A nephew of the poet Katharine Tynan, he was born David Tynan O'Mahony in Tallaght, Co Dublin, in 1936. On leaving school at 16, he followed his grandmother, who was editor of the Dublin newspaper the Freeman's Journal, and his father, the managing editor of the Irish Times, into journalism to become a reporter on the Drogheda Argus, then the Irish Independent.

On moving to London to further his career after three years, he failed to find a job on a newspaper and landed work as a Redcoat at Butlin's holiday camp in Skegness. After several seasons there, and winter work as a toy salesman in Sheffield, he started performing on the club circuit - changing his name to Allen from Tynan O'Mahony, which people frequently mispronounced - and in 1961 he shared a bill with the pop singer Helen Shapiro and the then unknown Beatles.

While touring Australia two years later, he was offered his own one-man television show in Sydney. He presented 84 episodes of Tonight with Dave Allen (1963-64) in that country. Returning to Britain - where he had made his television début in the BBC talent show New Faces in 1959 - he appeared in The Blackpool Show (1964) and Sunday Night at the London Palladium (1965), before gaining a regular spot as resident comedian in three series of The Val Doonican Show (1965-67).

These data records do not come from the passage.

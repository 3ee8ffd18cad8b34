-- ===== src/Drivers/Instance/Life.antt =====
-- The life of one driver, as steps that its owner takes in any order.
use ezcap.Base.{
  ℕ, ◌≤◌, ◌<◌, Bool, true, false, not, ◌≡◌, refl, ◌∙◌, arith, if◌then◌else◌, length, Text,
}
use ezcap.Drivers.Instance.{
  DriverState, discovered, loaded, started, quarantined, failed, EngineLimits, DriverInstance,
  new_instance, is_discovered, is_loaded, record_fault, LoadAnswers, load, start, on_event, stop,
  register_filter, spend,
}
use ezcap.Drivers.Manifest.{DriverManifest}
use ezcap.Model.Event.{Event}

pub data Step (i : DriverInstance) (j : DriverInstance) : Type 0 where
  loading : (a : LoadAnswers) → j ≡ (load a i).1 → Step i j
  starting : (ok : Bool) → j ≡ (start ok i).1 → Step i j
  event : (has_on_event ok : Bool) (e : Event) → j ≡ (on_event has_on_event ok e i).1 → Step i j
  stopping : (ok : Bool) → j ≡ stop ok i → Step i j
  filtering :
      (event_type transport : Text) (permille : ℕ)
      → j ≡ (register_filter event_type transport permille i).1
      → Step i j

pub data Reach (m : DriverManifest) (limits : EngineLimits) : DriverInstance → Type 0 where
  fresh : Reach m limits (new_instance m limits)
  later : {i j : DriverInstance} → Reach m limits i → Step i j → Reach m limits j

abbrev pub is_live : DriverState → Bool
is_live loaded = true
is_live started = true
is_live _ = false

abbrev pub is_over : DriverState → Bool
is_over quarantined = true
is_over failed = true
is_over _ = false

-- A driver that is loaded or started has its sandbox, one that can still run has fewer faults than
-- the threshold, and the filters are at most as many as the engine and the manifest allow.
pub record IsOrderly (m : DriverManifest) (limits : EngineLimits) (i : DriverInstance)
    : Type 0 where
  pub same_manifest : i.manifest ≡ m
  pub same_limits : i.limits ≡ limits
  pub sandboxed : is_live i.state ≡ true → i.has_sandbox ≡ true
  pub few_faults : is_over i.state ≡ false → i.faults < limits.fault_threshold
  pub few_filters : length i.capture_filters ≤ i.host_limits.max_subscriptions
  pub lowered :
      (i.host_limits.max_subscriptions ≤ limits.max_subscriptions_per_driver)
      × (i.host_limits.max_subscriptions ≤ m.max_subscriptions)

-- Only the state, the faults, the sandbox and the backoffs differ.
abbrev Changed : DriverInstance → DriverInstance → Type 0
Changed i j =
    (j.manifest ≡ i.manifest)
    × (j.limits ≡ i.limits)
    × (j.capture_filters ≡ i.capture_filters)
    × (j.host_limits ≡ i.host_limits)

pub not-over : (s : DriverState) → not (is_discovered s) ≡ false → is_over s ≡ false
not-over discovered h = refl
not-over loaded h = cc
not-over started h = cc
not-over quarantined h = cc
not-over failed h = cc

pub loaded-live :
    (s : DriverState) → not (is_loaded s) ≡ false → (is_live s ≡ true) × (is_over s ≡ false)
loaded-live discovered h = cc
loaded-live loaded h = (refl, refl)
loaded-live started h = cc
loaded-live quarantined h = cc
loaded-live failed h = cc

pub spent : (s : DriverState) → is_live (spend s) ≡ true → ⊥
spent discovered h = cc
spent loaded h = cc
spent started h = cc
spent quarantined h = cc
spent failed h = cc

pub spend-over : (s : DriverState) → is_over (spend s) ≡ false → is_over s ≡ false
spend-over discovered h = refl
spend-over loaded h = refl
spend-over started h = refl
spend-over quarantined h = h
spend-over failed h = h

module _ (m : DriverManifest) (limits : EngineLimits)
    (some_faults : 0 < limits.fault_threshold) where
  pub new_instance-IsOrderly : IsOrderly m limits (new_instance m limits)
  unfolding new_instance
  new_instance-IsOrderly = record {
    same_manifest = refl;
    same_limits = refl;
    sandboxed = λ h. ground arith;
    few_faults = λ h. some_faults;
    few_filters = omega arith;
    lowered = (omega arith, omega arith);
  }

  pub changed :
      (i j : DriverInstance)
      → IsOrderly m limits i
      → Changed i j
      → (is_live j.state ≡ true → j.has_sandbox ≡ true)
      → (is_over j.state ≡ false → j.faults < limits.fault_threshold)
      → IsOrderly m limits j
  changed i j v (a, b, c, d) live few = record {
    same_manifest = a ∙ v.same_manifest;
    same_limits = b ∙ v.same_limits;
    sandboxed = live;
    few_faults = few;
    few_filters = rw (c, d) v.few_filters;
    lowered = rw d v.lowered;
  }

  record_fault-few :
      (i : DriverInstance)
      → i.limits ≡ limits
      → (is_over (record_fault i).state ≡ false → (record_fault i).faults < limits.fault_threshold)
  unfolding record_fault
  record_fault-few i e h = ground arith

  record_fault-Changed : (i : DriverInstance) → Changed i (record_fault i)
  unfolding record_fault
  record_fault-Changed i = ground arith

  record_fault-live :
      (i : DriverInstance)
      → (is_live i.state ≡ true → i.has_sandbox ≡ true)
      → (is_live (record_fault i).state ≡ true → (record_fault i).has_sandbox ≡ true)
  unfolding record_fault
  record_fault-live i v h = ground (arith, v)

  pub record_fault-IsOrderly :
      (i : DriverInstance) → IsOrderly m limits i → IsOrderly m limits (record_fault i)
  record_fault-IsOrderly i v =
      changed i (record_fault i) v (record_fault-Changed i) (record_fault-live i v.sandboxed)
        (record_fault-few i v.same_limits)

  -- What a failed load and a stop do to a driver.
  pub over-IsOrderly :
      (i : DriverInstance)
      → IsOrderly m limits i
      → IsOrderly m limits (record i { state = failed; has_sandbox = false })
  over-IsOrderly i v =
      changed i (record i { state = failed; has_sandbox = false }) v (refl, refl, refl, refl)
        (λ h. ground arith) (λ h. ground arith)

  pub cond-IsOrderly :
      (t : Bool) (x y : Bool × DriverInstance)
      → (t ≡ true → IsOrderly m limits x.1)
      → (t ≡ false → IsOrderly m limits y.1)
      → IsOrderly m limits (if t then x else y).1
  cond-IsOrderly true x y hx hy = hx refl
  cond-IsOrderly false x y hx hy = hy refl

Then, he landed the first of his own British television shows, Tonight with Dave Allen (1967-69), which established the mixture of stand-up comedy and sketches for which he would become known and won him the Variety Club's ITV Personality of 1967 award.

After starring in two episodes of BBC2's Show of the Week (1968-69), Allen switched from ITV to BBC1 for The Dave Allen Show (1969), before his greatest success with Dave Allen at Large. Dave Allen specials (1981-86) were followed by a six-part series of the same title (1990), in which he ditched the sketches and featured more adult material than previously, leading to questions in the House of Commons about his "strong language" after he used the F-word in one programme.

This did not deter Allen from continuing in the same vein in a London stage show, An Evening with Dave Allen (Strand Theatre, 1991), and a further Dave Allen series (1993), recorded for ITV at the Mermaid Theatre, London, and notable for the lack of cigarettes - he had given up smoking. The star later talked about his career, in between clips from his old shows, in The Unique Dave Allen (1998), a six-part series for the BBC.

In several forays into straight acting, Allen appeared on stage at the Royal Court Theatre in Edna O'Brien's A Pagan Place (1972) and played an estate agent going through a mid-life crisis in Alan Bennett's television play One Fine Day (1979), as well as taking the roles of Mr Darling and Captain Hook, opposite Maggie Smith, in Peter Pan (London Coliseum, 1973).

He also presented several documentaries, looking at New York life in Dave Allen in the Melting Pot (1969), quirky individuals in Dave Allen in Search of the Great English Eccentric (1974) and American eccentrics in Dave Allen (1978).